社会人になってから英語力を証明するには、TOEICのスコアを使うことが常識になりました。しかし、必ずしも「TOEICが高スコア = ビジネス英語能力が高い」とは言えません。
ビジネス英語を上達すれば、TOEICのスコアはあとからついてきます。この順番が、英語上達の最短コースです。
「TOEIC L&R」は社会人の英語力証明書
TOEICは、「Test Of English for International Communication」の略です。日本語では「国際コミュニケーション英語能力テスト」となります。
日本では、高校までは英検、大学生からはTOEICという流れが定着しました。
2019年度のTOEIC L&R受験者数は約220万人。いくつかのデータを組み合わせて、英検とTOEICの年齢別の受験者数をグラフにしてみました。
高校卒業の前後で、ドラスチックにシフトしているのがわかります。
※1:データソースは文末に記載。
TOEICの問題は、ビジネスでの会話が中心なので、中高生には適していないとされています。そのため高校卒業までは、英検が中心となってきました。
一方でTOEICは、一人ひとりの英語レベルが客観的スコアでみることができます。企業にとっては、英語力を比較する上でとても便利なツールだったのです。
TOEIC L&Rが、英語力の「ものさし」となった理由は次の3点です。
・日本企業の人事は英語面接できないので、数字で比較できるTOEICが主流となった
・企業内の昇進・昇格でも、役職によってTOEICのスコアを設定するようになった
就職活動、会社での昇進試験、転職活動において、英語力はTOEICの点数で証明することがすっかり一般的です。
日本の会社員にとって、TOEICが英語力の証明であることは揺るぎないものになっています。
TOEIC L&Rスコアが800点以下でも、ビジネス英語習得は可能
はたして、英語力はTOEICのスコアがすべてでしょうか?
ビジネスで英語が使えるレベルは、TOEIC L&Rのスコアが730~860点(※2)が目安とされます。
※2:データソースは文末に記載。
実際には、TOEICのスコアがこのレベルに達しなくても、「英語による高度なコミュニケーション能力」を身につけることは可能です。
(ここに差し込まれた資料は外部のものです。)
-- ===== src/Ingestion/Peers/Favoured.antt =====
-- What the selection of a peer returns on any list of peers.
use qonduit.Common.{
  ℕ, ◌<◌, List, [], ◌∷◌, Bool, true, false, ◌&&◌, ◌≡◌, inl, inr, refl, ◌∙◌, ap, sym, Option, none,
  some, All, StandsIn, All-StandsIn, All-get_elem?, count, count-none, count-le, ◌⊎◌, Bool-cases,
  arith,
}
use qonduit.Ingestion.Peers.{SocketAddr, Peer}
use qonduit.Ingestion.Peers.Selection.{
  before, filter_peers, qualifies, pick, pick_some, candidates_or, best_peer, is_bob, pick_bob,
  best_bob_peer,
}
use qonduit.Ingestion.Peers.Choice.{
  filter_peers-All, filter_peers-passes, count-filter_peers, pick-IsNearTop,
}

-- What a choice among the peers that pass a filter gives.
abbrev pub Picked : ℕ → ℕ → (Peer → Bool) → List Peer → Type 0
Picked now random f peers =
    (p : Peer) × (pick now random (filter_peers f peers) ≡ some p.addr)
    × StandsIn peers p
    × (f p ≡ true)
    × (count (λ q. f q && before now q p) peers < 3)

-- The address is that of a peer of the list which qualifies, or no peer does, and fewer than three
-- of all peers come before it.
pub record Chosen (now : ℕ) (peers : List Peer) (addr : SocketAddr) : Type 0 where
  pub peer : Peer
  pub has_addr : peer.addr ≡ addr
  pub stands_in : StandsIn peers peer
  pub qualified : (qualifies peer ≡ true) ⊎ All (λ q. qualifies q ≡ false) peers
  pub few_before : count (λ q. before now q peer) peers < 3

abbrev pub Selected : ℕ → List Peer → Option SocketAddr → Type 0
Selected now peers none = peers ≡ []
Selected now peers (some addr) = Chosen now peers addr

filter_peers-nil :
    (f : Peer → Bool) (ps : List Peer) → filter_peers f ps ≡ [] → All (λ p. f p ≡ false) ps
unfolding filter_peers
filter_peers-nil f [] e = tt
filter_peers-nil f (p ∷ ps) e = elim (Bool-cases (f p)) [
  | inl passes ↦ absurd (ground arith)
  | inr fails ↦
      let rest : filter_peers f ps ≡ [] = ground arith in (fails, filter_peers-nil f ps rest)
]

before-unqualified :
    (now : ℕ) (p q : Peer) → qualifies p ≡ true → qualifies q ≡ false → before now q p ≡ false
unfolding before qualifies
before-unqualified now p q h k = ground arith

module _ (now random : ℕ) where
  -- What holds of all peers of a list holds of one that stands in its filtered part.
  passing :
      (f : Peer → Bool) (peers cs : List Peer) (p : Peer)
      → filter_peers f peers ≡ cs
      → StandsIn cs p
      → StandsIn peers p × (f p ≡ true)
  passing f peers cs p e (i, at) = (
    All-get_elem? (StandsIn peers) cs i p
        (rw (← e) (filter_peers-All (StandsIn peers) f peers (All-StandsIn peers))) at,
    All-get_elem? (λ q. f q ≡ true) cs i p (rw (← e) (filter_peers-passes f peers)) at,
  )

  filtered_pick :
      (f : Peer → Bool) (peers cs : List Peer)
      → filter_peers f peers ≡ cs
      → 0 < count f peers
      → Picked now random f peers
  filtered_pick f peers [] e some_pass =
      absurd (omega (arith, count-none f peers (filter_peers-nil f peers e)))
  filtered_pick f peers (c ∷ cs) e some_pass =
      let (p, picked, near) = pick-IsNearTop now random c cs in
      let (known, passes) = passing f peers (c ∷ cs) p e near.0 in
      let better : Peer → Bool = λ q. f q && before now q p in
      let same : count better (c ∷ cs) ≡ count better peers =
        ap (count better) (sym e) ∙ count-filter_peers f better (λ q h. rw h refl) peers in
      (
        p,
        rw e picked,
        known,
        passes,
        omega (
          arith,
          same,
          near.1,
          count-le better (λ q. before now q p) (λ q h. ground arith) (c ∷ cs),
        ),
      )

  Selected-from :
      (peers cs : List Peer)
      → filter_peers qualifies peers ≡ cs
      → Selected now peers (pick_some now random (candidates_or peers cs))
  unfolding pick_some candidates_or
  Selected-from [] [] e = refl
  Selected-from (p ∷ ps) [] e =
      let (q, picked, near) = pick-IsNearTop now random p ps in
      rw picked (record {
        peer = q;
        has_addr = refl;
        stands_in = near.0;
        qualified = inr (filter_peers-nil qualifies (p ∷ ps) e);
        few_before = near.1;
      })
  Selected-from peers (c ∷ cs) e =
      let (p, picked, near) = pick-IsNearTop now random c cs in
      let (known, passes) = passing qualifies peers (c ∷ cs) p e near.0 in
      let same : count (λ q. before now q p) (c ∷ cs) ≡ count (λ q. before now q p) peers =
        ap (count (λ q. before now q p)) (sym e)
        ∙ count-filter_peers qualifies (λ q. before now q p)
            (λ q. before-unqualified now p q passes) peers in
      rw picked (record {
        peer = p;
        has_addr = refl;
        stands_in = known;
        qualified = inl passes;
        few_before = omega (arith, same, near.1);
      })

bob_port : (p : Peer) → is_bob p ≡ true → p.addr.port ≡ 21842
unfolding is_bob
bob_port p h = ground arith

-- With BOB peers to choose from there is no fallback.
pick_bob-filtered :
    (now random : ℕ) (peers cs : List Peer)
    → filter_peers is_bob peers ≡ cs
    → 0 < count is_bob peers
    → pick_bob now random peers cs ≡ pick now random cs
unfolding pick_bob
pick_bob-filtered now random peers [] e h =
    absurd (omega (arith, count-none is_bob peers (filter_peers-nil is_bob peers e)))
pick_bob-filtered now random peers (c ∷ cs) e h = refl

-- A best peer is returned exactly when there is a peer. It qualifies, or no peer does, and fewer
-- than three peers have a higher score, or an equal one and were seen longer ago.
pub best_peer-Selected :
    (now random : ℕ) (peers : List Peer) → Selected now peers (best_peer now random peers)
unfolding best_peer
best_peer-Selected now random peers =
    Selected-from now random peers (filter_peers qualifies peers) refl

-- If a peer on the port 21842 qualifies, the best BOB peer is such a peer, and fewer than three
-- such peers come before it.
pub best_bob_peer-IsBob :
    (now random : ℕ) (peers : List Peer)
    → 0 < count is_bob peers
    → (p : Peer) × (best_bob_peer now random peers ≡ some p.addr)
      × StandsIn peers p
      × (p.addr.port ≡ 21842)
      × (count (λ q. is_bob q && before now q p) peers < 3)
unfolding best_bob_peer
best_bob_peer-IsBob now random peers h =
    let (p, picked, known, bob, few) =
      filtered_pick now random is_bob peers (filter_peers is_bob peers) refl h in
    (
      p,
      pick_bob-filtered now random peers (filter_peers is_bob peers) refl h ∙ picked,
      known,
      bob_port p bob,
      few,
    )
英語というのはひとつのスキルであって、「英語ができる」だけの人材は海外ビジネスでは役に立ちません。基本的なビジネススキルと合わせもつことで、国際人材として通用するようになります。
「TOEICスコア」 ≠ 「英語による高度なコミュニケーション能力」
この二つは、同じ尺度ではないのです。
TOEICの問題では、ある程度限られたボキャブラリー、シチュエーション、善良な人たちとの広く浅い範囲での会話の中で出題されます。
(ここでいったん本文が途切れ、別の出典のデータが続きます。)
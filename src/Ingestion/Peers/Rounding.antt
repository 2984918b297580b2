-- ===== src/Ingestion/Peers/Rounding.antt =====
-- Bounds of the rounded operations and of the scores.
use qonduit.Common.{
  List, [], ◌∷◌, All, ==_iff, ℕ, zero, suc, ◌+◌, ◌-◌, ◌*◌, ◌/◌, ◌%◌, ◌^◌, ◌≤◌, ◌<◌, min, ◌≡◌, ◌∙◌,
  ap, sym, subst, lt→ltb, refl, ltb, ◌==◌, Bool-cases, inl, inr, true, arith,
}
use native.Mathlib.Nat.{
  pow-suc, mul_assoc, mul-le-mul_right, one-le-pow, mul-pos, pow-zero, mul_comm, div-lt_iff_lt-mul,
  mod-eq-sub-div-mul,
}
use native.Mathlib.Decide.{dec_le}
use qonduit.Ingestion.Peers.Scores.{
  one, half_even, exponent, round, of_u32, tenths, add, mul, div, broadcast_score, ratio_score,
}

pow-add : (a b : ℕ) → 2 ^ (a + b) ≡ 2 ^ a * 2 ^ b
pow-add a zero = let same : a + zero ≡ a = omega arith in rw (same, pow-zero 2) (omega arith)
pow-add a (suc b) =
    let next : a + suc b ≡ suc (a + b) = omega arith in
    rw (next, pow-suc 2 (a + b), pow-suc 2 b, pow-add a b) (mul_assoc (2 ^ a) (2 ^ b) 2)

quotient-le : (p q c : ℕ) → 0 < q → p ≤ c * q → p / q ≤ c
quotient-le p q c pos le =
    let below : p / q < c + 1 = (div-lt_iff_lt-mul pos).1 (grind arith) in omega arith

-- A quotient that reaches the bound leaves no rest.
rest_at_bound : (p q c : ℕ) → p ≤ c * q → p / q ≡ c → p % q ≡ 0
rest_at_bound p q c le e = mod-eq-sub-div-mul p q ∙ rw e (omega arith)

half_even-le : (p q c : ℕ) → 0 < q → p ≤ c * q → half_even p q ≤ c
unfolding half_even
half_even-le p q c pos le = ground (arith, quotient-le p q c pos le, rest_at_bound p q c le)

exponent-le : (f e n t : ℕ) → e ≤ t → n < 2 ^ (53 + t) → exponent f e n ≤ t
unfolding exponent
exponent-le zero e n t le small = le
exponent-le (suc f) e n t le small = elim (Bool-cases (ltb n (2 ^ (53 + e)))) [
  | inl fits ↦ rw fits le
  | inr more ↦
      let below : e + 1 ≤ t = elim (dec_le (e + 1) t) [
        | yes h ↦ h
        | no h ↦
            let same : e ≡ t = omega arith in
            let fits : ltb n (2 ^ (53 + e)) ≡ true = rw same (lt→ltb n (2 ^ (53 + t)) small) in
            absurd (ground arith)
      ] in
      rw more (exponent-le f (e + 1) n t below small)
]

round-le : (p q t : ℕ) → 0 < q → p ≤ 2 ^ t * q → round p q ≤ 2 ^ t
unfolding round
round-le p q t pos le =
    let n = p / q in
    let e = exponent 128 0 n in
    let fits : n ≤ 2 ^ t = quotient-le p q (2 ^ t) pos le in
    let grows : 2 ^ (53 + t) ≡ 2 ^ 53 * 2 ^ t = pow-add 53 t in
    let some : 1 ≤ 2 ^ t = one-le-pow t 2 (omega arith) in
    let e-le : e ≤ t = exponent-le 128 0 n t (omega arith) (omega arith) in
    let parts : t - e + e ≡ t = omega arith in
    let split : 2 ^ t ≡ 2 ^ (t - e) * 2 ^ e = ap (λ k. 2 ^ k) (sym parts) ∙ pow-add (t - e) e in
    let regroup : 2 ^ t * q ≡ 2 ^ (t - e) * (q * 2 ^ e) =
      rw split
        (mul_assoc (2 ^ (t - e)) (2 ^ e) q ∙ ap (λ k. 2 ^ (t - e) * k) (mul_comm (2 ^ e) q)) in
    let unit : 0 < 2 ^ e = one-le-pow e 2 (omega arith) in
    let rounded : half_even p (q * 2 ^ e) ≤ 2 ^ (t - e) =
      half_even-le p (q * 2 ^ e) (2 ^ (t - e)) (mul-pos pos unit) (omega arith) in
    subst (λ k. half_even p (q * 2 ^ e) * 2 ^ e ≤ k) (sym split) (mul-le-mul_right (2 ^ e) rounded)

-- A quotient of at most one, and half of it.
ratio-le : (s total : ℕ) → 0 < total → s ≤ total → div (of_u32 s) (of_u32 total) ≤ 2 ^ 128
unfolding div of_u32
ratio-le s total pos le = round-le (s * one * one) (total * one) 128 (omega arith) (omega arith)

three_tenths : tenths 3 ≤ 2 ^ 127
unfolding tenths round half_even exponent
three_tenths = omega arith

half-le : (a : ℕ) → a ≤ 2 ^ 128 → mul a (tenths 5) ≤ 2 ^ 127
unfolding mul tenths round half_even exponent
half-le a le = round-le (a * round (5 * one) 10) one 127 (omega arith) (omega arith)

-- A peer that has not broadcast scores at most one half, if the sum of its counts does not wrap.
pub ratio_score-le : (s total : ℕ) → s ≤ total → ratio_score s total ≤ 2 ^ 127
unfolding ratio_score
ratio_score-le s total le = elim (Bool-cases (total == 0)) [
  | inl e ↦ rw e (omega (arith, three_tenths))
  | inr e ↦ rw e (half-le _ (ratio-le s total (ground arith) le))
]

-- The numbers below n.
abbrev down : ℕ → List ℕ
down zero = []
down (suc n) = n ∷ down n

All-down : (P : ℕ → Type 0) (n : ℕ) → All P (down n) → (m : ℕ) → m < n → P m
All-down P zero h m le = absurd (omega arith)
All-down P (suc n) (p, ps) m le = elim (Bool-cases (m == n)) [
  | inl e ↦ subst P (sym ((==_iff m n).0 e)) p
  | inr e ↦ All-down P n ps m (ground arith)
]

abbrev IsHigh : ℕ → Type 0
IsHigh m = 2 ^ 127 < broadcast_score (suc m)

high : All IsHigh (down 10)
unfolding broadcast_score add mul div of_u32 tenths round half_even exponent
high = omega arith

capped : (n : ℕ) → broadcast_score n ≡ broadcast_score (min n 10)
unfolding broadcast_score of_u32
capped n =
    let same : min (n * one) (10 * one) ≡ min (min n 10 * one) (10 * one) = omega arith in
    rw same refl

-- A peer that has broadcast scores more than one half.
pub broadcast_score-gt : (n : ℕ) → 0 < n → 2 ^ 127 < broadcast_score n
broadcast_score-gt n pos =
    let step : suc (min n 10 - 1) ≡ min n 10 = omega arith in
    subst (λ k. 2 ^ 127 < k) (ap broadcast_score step ∙ sym (capped n))
      (All-down IsHigh 10 high (min n 10 - 1) (omega arith))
範囲が広い分、スコア600点を取るのに覚えないといけない単語数は5,000語と言われています。800点なら8,500語、900点なら10,000語となります。
単語数だけみても、点数を上げてゆくためには、相応の時間をかけて学習する必要があります。
一方で、自分の仕事に関連する英語に限定したら、かなり範囲がせまくなります。出てくる単語も、自分が日本語でよくわかっているモノ・サービスの名前なので、すぐに頭に入ってきます。
例えば、パソコンを海外で販売する仕事の場合、下記のようなシチュエーションに対応できる必要があります。
取引条件(価格、数量、輸送条件など)
価格・数字
パソコンの基本スペック
交渉に関する基本フレーズ
上記に関するボキャブラリーを覚えておけば、最低限の交渉は可能となります。
5,000語もあれば十分です。何を聞かれるかも事前にわかっているので、シナリオも準備しておくことが可能です。
これらの商談で使うフレーズは、扱う品物・サービスが変わっても基本は同じです。新しく覚える商品のスペックを新たに覚えれば、どんどんボキャブラリーを増やしてゆくことが可能です。
実践で英語力をつけてゆくと、ボキャブラリー数も自然に増えてゆきます。昇進試験の為にに必要な750点ぐらいなら、簡単にクリアできるはずです。
TOEICで満点を目指して学習しても、「英語による高度なコミュニケーション能力」を身につけることはできません。しかし、逆は可能です。
最初に英語を習得する目的をはっきり決めることが重要です。それが実践的なビジネス英語なのであれば、最短ルートでそこへ向かうべきです。
TOEICでの高得点を目指してしまうと、もっと時間がかかってしまう結果となるのです。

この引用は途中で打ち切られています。